- [The problem] Using the data that follows, return exactly the lines from the one that contains "last = λ e. absurd (omega arith);" through the one that contains "(2, first_sent, q))", ends included.

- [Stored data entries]
▬▬▬▬▬▬
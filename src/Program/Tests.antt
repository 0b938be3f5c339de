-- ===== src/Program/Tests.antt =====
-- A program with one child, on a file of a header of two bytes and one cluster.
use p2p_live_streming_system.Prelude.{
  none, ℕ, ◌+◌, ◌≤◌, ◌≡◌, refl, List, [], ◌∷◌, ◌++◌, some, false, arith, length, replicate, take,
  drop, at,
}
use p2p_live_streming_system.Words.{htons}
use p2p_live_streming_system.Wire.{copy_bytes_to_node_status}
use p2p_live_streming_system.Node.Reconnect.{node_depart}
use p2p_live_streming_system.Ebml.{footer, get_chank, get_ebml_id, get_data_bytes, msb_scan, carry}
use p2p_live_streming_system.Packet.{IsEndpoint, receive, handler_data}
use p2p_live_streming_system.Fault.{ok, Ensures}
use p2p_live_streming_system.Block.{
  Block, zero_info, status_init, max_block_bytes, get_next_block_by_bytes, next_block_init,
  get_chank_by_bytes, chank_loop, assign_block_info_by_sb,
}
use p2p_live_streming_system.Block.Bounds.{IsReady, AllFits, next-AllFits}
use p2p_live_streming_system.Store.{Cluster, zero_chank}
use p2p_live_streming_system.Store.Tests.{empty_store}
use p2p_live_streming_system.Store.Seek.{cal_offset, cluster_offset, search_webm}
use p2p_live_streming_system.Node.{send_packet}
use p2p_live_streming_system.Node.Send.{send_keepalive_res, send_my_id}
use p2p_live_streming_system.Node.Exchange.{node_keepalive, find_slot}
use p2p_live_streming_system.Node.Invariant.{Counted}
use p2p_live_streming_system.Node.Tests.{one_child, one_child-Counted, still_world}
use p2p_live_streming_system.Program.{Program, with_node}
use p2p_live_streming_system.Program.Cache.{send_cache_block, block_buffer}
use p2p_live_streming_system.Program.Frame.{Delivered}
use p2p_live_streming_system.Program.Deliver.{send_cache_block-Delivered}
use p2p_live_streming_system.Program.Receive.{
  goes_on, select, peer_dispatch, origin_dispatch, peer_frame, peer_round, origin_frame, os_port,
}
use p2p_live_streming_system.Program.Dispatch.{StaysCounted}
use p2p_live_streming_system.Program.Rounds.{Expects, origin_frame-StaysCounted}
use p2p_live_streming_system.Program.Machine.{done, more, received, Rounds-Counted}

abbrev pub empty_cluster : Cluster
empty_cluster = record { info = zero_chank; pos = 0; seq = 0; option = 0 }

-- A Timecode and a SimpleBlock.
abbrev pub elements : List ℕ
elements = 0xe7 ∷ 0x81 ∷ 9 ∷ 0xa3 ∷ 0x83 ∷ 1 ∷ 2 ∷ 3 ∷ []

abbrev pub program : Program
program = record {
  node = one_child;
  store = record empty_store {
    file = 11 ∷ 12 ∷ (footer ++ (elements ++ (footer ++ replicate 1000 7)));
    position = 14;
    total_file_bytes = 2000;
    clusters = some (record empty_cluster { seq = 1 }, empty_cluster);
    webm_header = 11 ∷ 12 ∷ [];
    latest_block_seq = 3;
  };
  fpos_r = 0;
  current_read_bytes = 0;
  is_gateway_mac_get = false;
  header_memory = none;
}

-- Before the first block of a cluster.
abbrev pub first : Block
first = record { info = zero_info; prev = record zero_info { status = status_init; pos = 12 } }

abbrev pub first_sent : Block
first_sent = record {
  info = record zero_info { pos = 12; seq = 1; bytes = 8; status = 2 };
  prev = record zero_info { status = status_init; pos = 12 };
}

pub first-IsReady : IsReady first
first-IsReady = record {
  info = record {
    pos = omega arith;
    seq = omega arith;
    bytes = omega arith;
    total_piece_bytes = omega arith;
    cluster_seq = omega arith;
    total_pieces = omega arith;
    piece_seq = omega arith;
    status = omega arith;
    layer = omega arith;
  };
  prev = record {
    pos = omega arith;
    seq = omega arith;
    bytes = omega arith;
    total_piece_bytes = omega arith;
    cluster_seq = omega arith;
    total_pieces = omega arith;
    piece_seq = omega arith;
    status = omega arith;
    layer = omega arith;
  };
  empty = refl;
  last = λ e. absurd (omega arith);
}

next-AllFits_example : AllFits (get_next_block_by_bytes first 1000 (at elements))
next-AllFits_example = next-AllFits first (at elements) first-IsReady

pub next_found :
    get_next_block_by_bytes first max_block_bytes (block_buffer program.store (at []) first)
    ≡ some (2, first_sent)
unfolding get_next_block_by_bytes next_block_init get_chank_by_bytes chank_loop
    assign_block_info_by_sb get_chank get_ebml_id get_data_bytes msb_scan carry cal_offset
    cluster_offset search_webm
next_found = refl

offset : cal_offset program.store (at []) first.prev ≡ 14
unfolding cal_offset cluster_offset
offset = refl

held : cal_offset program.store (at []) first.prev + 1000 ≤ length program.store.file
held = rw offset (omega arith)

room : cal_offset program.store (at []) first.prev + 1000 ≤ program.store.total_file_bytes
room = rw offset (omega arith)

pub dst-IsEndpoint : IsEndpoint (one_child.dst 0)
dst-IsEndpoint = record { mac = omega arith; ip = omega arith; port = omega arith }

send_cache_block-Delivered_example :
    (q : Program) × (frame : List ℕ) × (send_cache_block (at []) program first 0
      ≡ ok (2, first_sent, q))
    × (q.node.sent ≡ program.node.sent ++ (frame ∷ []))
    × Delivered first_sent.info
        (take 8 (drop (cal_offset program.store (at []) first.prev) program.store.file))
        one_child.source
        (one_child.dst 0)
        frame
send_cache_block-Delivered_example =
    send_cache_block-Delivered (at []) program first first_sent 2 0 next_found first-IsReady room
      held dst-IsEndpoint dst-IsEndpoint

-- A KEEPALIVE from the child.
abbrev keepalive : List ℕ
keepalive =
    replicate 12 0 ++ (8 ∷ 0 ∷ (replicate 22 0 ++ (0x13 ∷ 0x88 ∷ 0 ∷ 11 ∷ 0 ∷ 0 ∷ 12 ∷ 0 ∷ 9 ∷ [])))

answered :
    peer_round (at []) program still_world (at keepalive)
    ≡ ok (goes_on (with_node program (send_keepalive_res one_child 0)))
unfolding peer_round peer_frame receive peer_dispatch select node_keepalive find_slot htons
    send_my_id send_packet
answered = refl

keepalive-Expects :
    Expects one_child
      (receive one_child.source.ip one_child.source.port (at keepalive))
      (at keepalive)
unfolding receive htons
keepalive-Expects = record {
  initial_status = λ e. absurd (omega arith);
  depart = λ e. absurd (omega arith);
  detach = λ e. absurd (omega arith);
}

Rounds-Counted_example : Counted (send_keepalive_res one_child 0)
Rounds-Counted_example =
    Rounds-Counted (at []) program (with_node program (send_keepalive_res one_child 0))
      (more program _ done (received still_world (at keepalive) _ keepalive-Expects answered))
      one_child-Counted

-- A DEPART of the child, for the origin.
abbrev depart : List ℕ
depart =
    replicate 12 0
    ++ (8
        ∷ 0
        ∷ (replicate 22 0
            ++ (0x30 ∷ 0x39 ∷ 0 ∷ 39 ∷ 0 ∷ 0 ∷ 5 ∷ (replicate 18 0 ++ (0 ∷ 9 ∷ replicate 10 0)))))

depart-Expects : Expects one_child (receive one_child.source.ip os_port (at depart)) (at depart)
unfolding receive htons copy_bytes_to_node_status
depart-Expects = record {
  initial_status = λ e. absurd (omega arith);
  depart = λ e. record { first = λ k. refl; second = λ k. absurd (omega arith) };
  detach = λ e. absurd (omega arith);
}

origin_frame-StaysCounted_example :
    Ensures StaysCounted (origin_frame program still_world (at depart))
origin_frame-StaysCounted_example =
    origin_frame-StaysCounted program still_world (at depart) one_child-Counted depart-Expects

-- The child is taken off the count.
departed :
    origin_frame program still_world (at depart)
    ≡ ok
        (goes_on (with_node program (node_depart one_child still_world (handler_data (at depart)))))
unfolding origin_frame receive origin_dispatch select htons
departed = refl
▬▬▬▬▬▬
- [Written response]
  last = λ e. absurd (omega arith);
}

next-AllFits_example : AllFits (get_next_block_by_bytes first 1000 (at elements))
next-AllFits_example = next-AllFits first (at elements) first-IsReady

pub next_found :
    get_next_block_by_bytes first max_block_bytes (block_buffer program.store (at []) first)
    ≡ some (2, first_sent)
unfolding get_next_block_by_bytes next_block_init get_chank_by_bytes chank_loop
    assign_block_info_by_sb get_chank get_ebml_id get_data_bytes msb_scan carry cal_offset
    cluster_offset search_webm
next_found = refl

offset : cal_offset program.store (at []) first.prev ≡ 14
unfolding cal_offset cluster_offset
offset = refl

held : cal_offset program.store (at []) first.prev + 1000 ≤ length program.store.file
held = rw offset (omega arith)

room : cal_offset program.store (at []) first.prev + 1000 ≤ program.store.total_file_bytes
room = rw offset (omega arith)

pub dst-IsEndpoint : IsEndpoint (one_child.dst 0)
dst-IsEndpoint = record { mac = omega arith; ip = omega arith; port = omega arith }

send_cache_block-Delivered_example :
    (q : Program) × (frame : List ℕ) × (send_cache_block (at []) program first 0
      ≡ ok (2, first_sent, q))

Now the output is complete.